De qui se moque-t-on ? Seraient tentés de se poser les milliers de Camerounais qui attendaient avec impatience l’élection des maires de villes, des 14 communautés urbaines que compte le pays. Car, en effet, beaucoup de compatriotes ont été surpris d’apprendre à travers les médias conventionnels et les réseaux sociaux qu’en lieu et place de véritables élections, les mandataires et les hiérarques du Rassemblement démocratique du Peuple camerounais (RDPC), ont dans une certaine mesure imposée aux conseillers municipaux de leurs parti, les noms des candidats choisis depuis le sommet. Contrairement aux dispositions du Code des collectivités territoriales décentralisées qui stipule que les maires de villes ou alors ceux qu’on appelait délégués du gouvernement auprès des communautés urbaines sont élus par un corps électoral composé des conseillers municipaux de ladite ville. C’est donc à des nominations déguisées qu’on a eu droit. Entraînant des situations incroyables dans la ville de Yaoundé et surtout de Douala.

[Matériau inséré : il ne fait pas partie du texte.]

-- ===== src/App/Runtime.antt =====
-- internal/app/runtime.go: buildRuntime, which opens the client and builds the modules.
use withdraw_bot.Prelude.{
  ℕ, suc, ◌-◌, String, Bool, not, ◌||◌, some, List, [], ◌∷◌, str_eq, ◌==◌, ◌<>◌, replace_all,
  if◌then◌else◌,
}
use withdraw_bot.Errors.{Error, Result, ok, err}
use withdraw_bot.Core.{Address, Time}
use withdraw_bot.Ethereum.{MultiClient}
use withdraw_bot.Vault.Client.{Codec}
use withdraw_bot.Vault.Reader.{VaultStateSnapshot}
use withdraw_bot.Withdraw.Types.{Signer}
use withdraw_bot.Adapter.{MorphoAdapter, position, simulate_full_exit}
use withdraw_bot.Config.Values.{Value}
use withdraw_bot.Config.Settings.{Config, Secrets}
use withdraw_bot.Modules.Liquidity.{ExitSimulator}
use withdraw_bot.Overrides.Apply.{MonitorModule}
use withdraw_bot.Factory.{Readers, Setup, build_modules}

-- The resources that a run holds, by how many are open.
pub record Held : Type 0 where
  pub clients : ℕ
  pub logs : ℕ
  pub databases : ℕ

abbrev pub open_client : Held → Held
open_client held = record held { clients = suc held.clients }

abbrev pub close_client : Held → Held
close_client held = record held { clients = held.clients - 1 }

-- What the functions that `buildRuntime` calls answer. The readers are those of the vault over the
-- client.
pub record Dependencies : Type 0 where
  pub load_config : String → Result Config
  pub load_secrets : Result Secrets
  pub dial_ethereum : String → List String → Result MultiClient
  pub new_signer : String → Result Signer
  pub is_hex_address : String → Bool
  pub hex_to_address : String → Address
  pub readers : MultiClient → Address → ℕ → Readers
  pub decode_snapshot : Value → Result VaultStateSnapshot
  pub codec : Codec
  pub now : Time
  pub error_text : Error → String

pub record Runtime : Type 0 where
  pub config : Config
  pub secrets : Secrets
  pub client : MultiClient
  pub signer : Signer
  pub receiver : Address
  pub modules : List MonitorModule
  pub adapter : MorphoAdapter

abbrev pub redact_value : String → String → String
redact_value message secret =
    if str_eq secret "" then message else replace_all message secret "[REDACTED]"

abbrev pub redact_all : String → List String → String
redact_all message [] = message
redact_all message (secret ∷ secrets) = redact_all (redact_value message secret) secrets

unfoldable pub sanitize_runtime_error : (Error → String) → Secrets → Error → Error
sanitize_runtime_error error_text secrets e = Error.message (
    redact_all (error_text e) (
      secrets.private_key ∷ secrets.telegram_token ∷ secrets.primary_rpc_url
      ∷ secrets.fallback_rpc_urls))

module _ (deps : Dependencies) where
  unfoldable pub parse_address : String → String → Result Address
  parse_address name value =
      if not (deps.is_hex_address value) || (deps.hex_to_address value == 0)
      then err (Error.message (name <> " must be a valid Ethereum address"))
      else ok (deps.hex_to_address value)

  -- The adapter of the runtime, and what it simulates for the modules.
  abbrev pub adapter_of : Config → MultiClient → Address → Address → Address → MorphoAdapter
  adapter_of cfg client vault owner receiver = record {
    ethereum = client;
    vault_client = record { ethereum = client; vault = vault };
    vault = vault;
    owner = owner;
    receiver = receiver;
    asset_symbol = cfg.ethereum.asset_symbol;
    asset_decimals = cfg.ethereum.asset_decimals;
    now = deps.now;
  }

  abbrev pub exit_simulator_of : MorphoAdapter → ExitSimulator
  exit_simulator_of adapter = record {
    position = position deps.codec adapter;
    simulate_full_exit = simulate_full_exit deps.codec adapter;
  }

  abbrev pub setup_of : Config → MultiClient → MorphoAdapter → Setup
  setup_of cfg client adapter = record {
    modules = cfg.modules;
    asset_decimals = cfg.ethereum.asset_decimals;
    readers = deps.readers client adapter.vault cfg.ethereum.asset_decimals;
    exit_simulator = some (exit_simulator_of adapter);
    vault = adapter.vault;
    owner = adapter.owner;
    receiver = adapter.receiver;
    decode_snapshot = deps.decode_snapshot;
  }

  -- The steps after the dial; each closes the client where it fails.
  abbrev pub with_modules :
      Config
      → Secrets
      → MultiClient
      → Signer
      → MorphoAdapter
      → Held
      → Result (List MonitorModule)
      → Held × Result Runtime
  with_modules cfg secrets client signer adapter held (err e) = (close_client held, err e)
  with_modules cfg secrets client signer adapter held (ok modules) = (
    held,
    ok (record {
      config = cfg;
      secrets = secrets;
      client = client;
      signer = signer;
      receiver = adapter.receiver;
      modules = modules;
      adapter = adapter;
    }),
  )

  abbrev pub with_owner :
      Config
      → Secrets
      → MultiClient
      → Signer
      → Address
      → Address
      → Held
      → Result Address
      → Held × Result Runtime
  with_owner cfg secrets client signer vault receiver held (err e) = (close_client held, err e)
  with_owner cfg secrets client signer vault receiver held (ok owner) =
      let adapter = adapter_of cfg client vault owner receiver in
      with_modules cfg secrets client signer adapter held
        (build_modules (setup_of cfg client adapter))

  abbrev pub with_signer :
      Config
      → Secrets
      → MultiClient
      → Address
      → Address
      → Held
      → Result Signer
      → Held × Result Runtime
  with_signer cfg secrets client vault receiver held (err e) = (close_client held, err e)
  with_signer cfg secrets client vault receiver held (ok signer) =
      with_owner cfg secrets client signer vault receiver held signer.address

  abbrev pub with_client :
      Config → Secrets → Address → Address → Held → Result MultiClient → Held × Result Runtime
  with_client cfg secrets vault receiver held (err e) =
      (held, err (sanitize_runtime_error deps.error_text secrets e))
  with_client cfg secrets vault receiver held (ok client) =
      with_signer cfg secrets client vault receiver (open_client held)
        (deps.new_signer secrets.private_key)

  -- The steps before the dial, which open nothing.
  abbrev pub with_addresses :
      Config → Secrets → Held → Result Address → Result Address → Held × Result Runtime
  with_addresses cfg secrets held (err e) receiver = (held, err e)
  with_addresses cfg secrets held (ok vault) (err e) = (held, err e)
  with_addresses cfg secrets held (ok vault) (ok receiver) =
      with_client cfg secrets vault receiver held
        (deps.dial_ethereum secrets.primary_rpc_url secrets.fallback_rpc_urls)

  abbrev pub with_secrets : Config → Held → Result Secrets → Held × Result Runtime
  with_secrets cfg held (err e) = (held, err e)
  with_secrets cfg held (ok secrets) =
      with_addresses cfg secrets held
        (parse_address "ethereum.vault_address" cfg.ethereum.vault_address)
        (parse_address "ethereum.receiver_address" cfg.ethereum.receiver_address)

  abbrev pub with_config : Held → Result Config → Held × Result Runtime
  with_config held (err e) = (held, err e)
  with_config held (ok cfg) = with_secrets cfg held deps.load_secrets

  unfoldable pub build_runtime : String → Held → Held × Result Runtime
  unfolding sanitize_runtime_error parse_address build_modules position simulate_full_exit
  build_runtime config_path held = with_config held (deps.load_config config_path)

Dans la cité capitale par exemple, c’est après moults tractations, intimidations et sommation de respecter la discipline du parti que Saint Eloi Bidoung, et Jean Marie Abouna, se sont retirés. Laissant la voie libre à Luc Messi Atangana, qui a finalement été élu avec 196 voix sur 296 votants, 3 abstentions et 98 bulletins nul. Pour ce qui est de Douala, le fait a été tellement flagrant qu’après deux jours de difficile et dures tractations, en dépit des contestations des conseillers du RDPC qui un moment donné ont brandi la menace de voter en faveur du candidat de l’opposition Jean Jacques Ekindi, Roger Mbassa Ndine, a finalement été élu. Mais personne n’étant dupe, on s’est vite rendu compte que le président de la section RDPC wouri1 et maire de la commune de Douala 1er jean jacques Lengue  Malapa a été contraint d’abandonner la partie grâce à la « médiation » du chef de la délégation permanente régionale du parti pour le Littoral, Laurent Esso, et du mandataire du parti, Benoît Ndong Soumhet.

Au regard de ce qui précède, les super maires qui présideront aux destinées de leurs communautés respectives pour les cinq prochaines années sont pour la plupart contestés par la base du parti qui les a investis. Car, proposés par les caciques du parti qui profitent pour faire copter leurs amis. « La question qui se pose est donc de savoir de qui se moque-t-on ? N’a-t-on pas dit et annoncé à grande pompe que les délégués du gouvernement, appelé aujourd’hui maires de villes ne seront plus nommés mais élus. D’où sort-il que des mandataires du RDPC viennent avec les noms à imposer aux conseillers municipaux. Où se trouve la démocratie à ce niveau », a indiqué sous anonymat, un conseiller municipal contraint à retirer sa candidature à Yaoundé. Avant d’ajouter, « ces parodies d’élections sont en fait une autre forme de nomination dans notre formation politique ». Entre conciliabules, intimidations, sommations ou respect de la discipline du parti, les caciques du RDPC ont donc par ces faits torpillé la démocratie dans leur formation politique. Ramant à contre-courant des instructions du président national du parti au flambeau ardent. C’est dire qu’au Cameroun nous avons encore du chemin à parcourir en termes de démocratie, et la sortie de l’auberge n’est pas pour bientôt.